Property Rights: Negative Externalities and Social Cost

Release Date
July 27, 2017

Topic

Economics Entrepreneurship Property Rights
Description

Property rights in a market economy can help us overcome negative externalities and create value for each other. Learn more with Dan Russell.

    1. Negative Externalities and the Coase Theorem (video): Economists often argue that government regulation is necessary to solve problems caused by negative externalities. Professor Sean Mullholland explains how property rights could solve this problem. 
    2. Justice and Private Property (video): Professor Chris Freiman discusses the morality of private property. 
    3. The Moral Foundations of Property Rights (article): Brian Summers explains why property rights are human rights and why many arguments for property rights do not go far enough.

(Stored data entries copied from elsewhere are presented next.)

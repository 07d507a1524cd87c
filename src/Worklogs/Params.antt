-- ===== src/Worklogs/Params.antt =====
-- The parameters of the worklog operations of internal/server/jira_worklog.go.
use external_gateway.Prelude.{
  ℕ, zero, suc, ℤ, pos, negsuc, ◌+◌, ◌-◌, ◌*◌, ◌/◌, ◌%◌, ◌^◌, Bool, true, false, not, ◌&&◌, ◌||◌,
  Bytes, [], ◌∷◌, ◌++◌, Option, none, some, codes, str_eq, contains_string, lookup, Result, ok, err,
  ltb, leb, ◌==◌, if◌then◌else◌, length, ◌>>=◌, ◌≡◌, refl,
}
use external_gateway.Value.{
  Float64, exceeds, Value, null, bool, num, str, arr, obj, Params, string_or_empty,
}
use external_gateway.Config.{Workspace}
use external_gateway.Workcal.{Date, date, days_in_month}
use external_gateway.Worklogs.{
  WorklogError, key_shape, project_outside, hours_range, hours_short, date_shape, start_shape,
  activity_name_shape,
}

abbrev pub is_digit : ℕ → Bool
is_digit c = leb b'0' c && leb c b'9'

abbrev pub is_upper : ℕ → Bool
is_upper c = leb b'A' c && leb c b'Z'

abbrev is_lower : ℕ → Bool
is_lower c = leb b'a' c && leb c b'z'

abbrev pub all : (ℕ → Bool) → Bytes → Bool
all p [] = true
all p (c ∷ s) = p c && all p s

-- `^[1-9][0-9]*$`
unfoldable pub is_number : Bytes → Bool
is_number [] = false
is_number (c ∷ s) = leb b'1' c && leb c b'9' && all is_digit s

-- `[A-Z][A-Z0-9_]*`
unfoldable pub is_project : Bytes → Bool
is_project [] = false
is_project (c ∷ s) = is_upper c && all (λ d. is_upper d || is_digit d || d == b'_') s

-- What stands before and behind the first dash; a project has none.
unfoldable pub cut_dash : Bytes → Option (Bytes × Bytes)
cut_dash [] = none
cut_dash (c ∷ s) =
    let rest = cut_dash s in
    if c == b'-' then some ([], s) else elim rest [ none ↦ none | some (a, b) ↦ some (c ∷ a, b) ]

-- `jiraIssueKeyRe.FindStringSubmatch(key)`: the project of a well-formed key.
unfoldable pub key_project : Bytes → Option Bytes
unfolding cut_dash is_project is_number
key_project key = elim (cut_dash key) [
  | none ↦ none
  | some (project, number) ↦ if is_project project && is_number number then some project else none
]

unfoldable pub scoped_issue_key : Workspace → Bytes → Result WorklogError (Unit {0})
unfolding key_project contains_string
scoped_issue_key ws key = elim (key_project key) [
  | none ↦ err key_shape
  | some project ↦
      if ltb 0 (length ws.policy.jira_projects)
        && not (contains_string ws.policy.jira_projects project)
      then err (project_outside project)
      else ok tt
]

-- `worklogActivityRe`: `^[a-z0-9][a-z0-9-]{0,39}$`
unfoldable pub is_activity_name : Bytes → Bool
is_activity_name [] = false
is_activity_name (c ∷ s) =
    (is_lower c || is_digit c)
    && all (λ d. is_lower d || is_digit d || d == b'-') s
    && leb (length s) 39

-- `worklogStartRe`: `^([01][0-9]|2[0-3]):[0-5][0-9]$`
unfoldable pub is_start : Bytes → Bool
is_start [] = false
is_start (a ∷ []) = false
is_start (a ∷ b ∷ []) = false
is_start (a ∷ b ∷ c ∷ []) = false
is_start (a ∷ b ∷ c ∷ d ∷ []) = false
is_start (a ∷ b ∷ c ∷ d ∷ e ∷ []) =
    ((a == b'0' || a == b'1') && is_digit b || a == b'2' && leb b'0' b && leb b b'3')
    && c == b':'
    && leb b'0' d
    && leb d b'5'
    && is_digit e
is_start (a ∷ b ∷ c ∷ d ∷ e ∷ f ∷ s) = false

unfoldable pub tempo_start_time : Bytes → Result WorklogError Bytes
unfolding is_start
tempo_start_time hhmm = if is_start hhmm then ok (hhmm ++ codes ":00") else err start_shape

abbrev two : ℕ → ℕ → ℕ
two a b = (a - 48) * 10 + (b - 48)

abbrev valid_date : ℕ → ℕ → ℕ → Option Date
valid_date y m d =
    if leb 1 m && leb m 12 && leb 1 d && leb d (days_in_month y m) then some (date y m d) else none

-- `time.Parse("2006-01-02", s)`
unfoldable pub parse_date : Bytes → Option Date
unfolding date days_in_month
parse_date (a ∷ b ∷ c ∷ d ∷ s ∷ e ∷ f ∷ t ∷ g ∷ h ∷ []) =
    if all is_digit (a ∷ b ∷ c ∷ d ∷ e ∷ f ∷ g ∷ h ∷ []) && s == b'-' && t == b'-'
    then valid_date (two a b * 100 + two c d) (two e f) (two g h)
    else none
parse_date s = none

-- `s, _ := params[name].(string)`
unfoldable pub string_param : Params → Bytes → Bytes
unfolding lookup
string_param params name = string_or_empty (lookup name params)

-- The date and whether it was given; `today` is the reading of the clock.
unfoldable pub param_date : Date → Params → Bytes → Result WorklogError (Date × Bool)
unfolding string_param parse_date
param_date today params name =
    if str_eq (string_param params name) []
    then ok (today, false)
    else elim (parse_date (string_param params name)) [
      | none ↦ err (date_shape name)
      | some d ↦ ok (d, true)
    ]

-- The bits of a number beyond 53, of eight at most.
unfoldable pub excess : ℕ → ℕ → ℕ
excess zero m = 0
excess (suc k) m = let rest = excess k (m / 2) in if ltb m (2 ^ 53) then 0 else suc rest

-- The quotient by `2 ^ k`, rounded to the nearest, a tie to the even one.
unfoldable pub nearest_even : ℕ → ℕ → ℕ
nearest_even m k =
    let q = m / 2 ^ k in
    if ltb (2 * (m % 2 ^ k)) (2 ^ k)
    then q
    else if 2 * (m % 2 ^ k) == 2 ^ k
    then q + q % 2
    else q + 1

-- The product by 60 as a float64, over `2 ^ h.scale`.
unfoldable pub times_sixty : ℕ → ℕ
unfolding excess nearest_even
times_sixty mant = nearest_even (mant * 60) (excess 8 (mant * 60)) * 2 ^ excess 8 (mant * 60)

-- `int(math.Round(h * 60))` of a positive number
unfoldable pub round_minutes : Float64 → ℕ
unfolding times_sixty
round_minutes h = (2 * times_sixty h.mant + 2 ^ h.scale) / (2 * 2 ^ h.scale)

unfoldable pub minutes_param : Float64 → Result WorklogError ℕ
unfolding round_minutes exceeds
minutes_param h =
    if h.negative || h.mant == 0 || exceeds h 24
    then err hours_range
    else if ltb (round_minutes h) 1
    then err hours_short
    else ok (round_minutes h * 60)

-- The seconds that `hours` stands for; `none` where the parameter is not given.
unfoldable pub hours_value : Value → Result WorklogError ℕ
unfolding minutes_param
hours_value null = err hours_range
hours_value (bool b) = err hours_range
hours_value (num h) = minutes_param h
hours_value (str s) = err hours_range
hours_value (arr vs) = err hours_range
hours_value (obj fs) = err hours_range

unfoldable pub param_hours : Params → Result WorklogError (Option ℕ)
unfolding hours_value lookup
param_hours params = elim (lookup (codes "hours") params) [
  | none ↦ ok none
  | some v ↦ hours_value v >>= λ secs. ok (some secs)
]

unfoldable pub param_activity : Params → Result WorklogError Bytes
unfolding string_param is_activity_name
param_activity params =
    if is_activity_name (string_param params (codes "name"))
    then ok (string_param params (codes "name"))
    else err activity_name_shape

-- The number that decimal digits stand for.
unfoldable pub read_digits : ℕ → Bytes → ℕ
read_digits n [] = n
read_digits n (c ∷ s) = read_digits (n * 10 + (c - 48)) s

unfoldable pub signed : Bool → Bytes → Option ℤ
unfolding read_digits
signed minus [] = none
signed minus (c ∷ s) = if not (all is_digit (c ∷ s)) then none else elim (read_digits 0 (c ∷ s)) [
  | zero ↦ some (pos 0)
  | suc n ↦
      if minus
      then (if ltb n (2 ^ 63) then some (negsuc n) else none)
      else if ltb (suc n) (2 ^ 63)
      then some (pos (suc n))
      else none
]

-- `strconv.ParseInt(s, 10, 64)`
unfoldable pub parse_int : Bytes → Option ℤ
unfolding signed
parse_int [] = none
parse_int (c ∷ s) =
    if c == b'-' then signed true s else if c == b'+' then signed false s else signed false (c ∷ s)

half_hours :
    (minutes_param (record { negative = false; mant = 3; scale = 1 }) ≡ ok 5400)
    × (parse_date (codes "2024-02-30") ≡ none)
unfolding minutes_param parse_date
half_hours = (refl, refl)

keys : (key_project (codes "THP-12") ≡ some (codes "THP")) × (key_project (codes "THP-0") ≡ none)
unfolding key_project
keys = (refl, refl)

Brian Domitrovic: How to deserve a property right. Ronald Coase is famous for his observations about who would get what, if people had to bargain with each other over their property rights. If a doctor needs to keep a quiet examination room, and the confectioner on the other side of the wall needs to run a noisy workshop, bargaining would always end with a property right, necessary to control level, going to whichever one of them could make the more profitable use of that right. In short, where efficiency is concerned, who gets what depends on who’s services are in greater demand.
An important question that Coase doesn’t talk about, is who deserves what. The doctor and the confectioner each need the right to control the level of noise in their workspace. That right is a property right, and it’s a factor of production for each of them. Which of them should get it? Which of them really deserves it? Come to that, is there any reason to think that where the market process puts things has anything to do with who deserves those things?
Consider a story. In 1980, Bill Gates, of Microsoft, was making a deal with IBM to supply a new operating system for their new invention called, a personal computer, or PC. Gates stood to make a lot of money from the deal, but there was just one problem. He needed to come up with an operating system. A fellow named Tim Patterson had already created a quick and dirty operating system. That was actually its title, or QDOS for short. He was willing to sell it to Gates. This system went on to become the Microsoft disk operating system, or MSDOS, which was released on the IBM PC in 1981. That of course, was the beginning of the billions of dollars that Gates would go on to make. What did Gates pay for the rights to QDOS, the thing that started it all? A mere 50,000 dollars.
This is a sort of David and Goliath story, except this time, it’s Goliath who wins. Patterson is the underdog, who created something really valuable. Gates was merely lucky to sweep it up and make a deal with the giant IBM. What would Coase say about a story like this? Sure, the outcome was efficient. Gates knew how to create a lot of value with the right to QDOS, and Patterson didn’t. That is, after all, why he was willing to accept, just 50,000 dollars for it. It seems that all that Coase could say, is that the story had a happy ending, after all, because the property right in question, was allocated efficiently.
Actually, I think Coase’s perspective is deeper than that. When you start looking at the world through Coase’s lens, you see stories differently. From Coase’s perspective, the main characters in this story, are not Gates and Patterson. Really, they’re just background scenery. Instead, the real main characters in this story are, a property right on the one hand. And, consumers, like you and me, on the other. The property right is the star, because that property right has explosive potential to bring value to consumers, if it can find it’s way to them.
This is a travel adventure story, that follows the odyssey of a property right. The suspense, is whether that property right will pass through the hands of the people who put the most value on it. They will be able to use it to create the most value for other people. That’s the interesting question. Will that property right find the path it needs to take, in order to get to you and me?
Did Bill Gates deserve to be the hands through which that property right passed? Well, if the question is whether there was something so special about Bill Gates as an individual, that he should have made that fortune, instead of someone else, then the answer is, probably not. And, in Coase’s original story, the right to control noise in the workspace will go to either the doctor, or the confectioner, but there’s nothing special about either of them either.
In order for these property claims to have moral weight, there doesn’t have to be anything special about Gates, or Patterson, or the doctor, or the confectioner. For a property right to have moral weight, is for the owner of that right to be entitled to it, within a system for allocating property rights that has moral weight.
A system of property rights, like the system within which Gates acquired QDOS, has moral weight in so far as that system creates value for consumers by allowing trades that put resources to their highest valued uses. Those uses can even transform people’s lives. In that sense, participants in the trading of property rights, do get what they deserve, not necessarily as a matter of reward for personal merit, but as a side effect of a process of allocation that creates enormous value for consumers.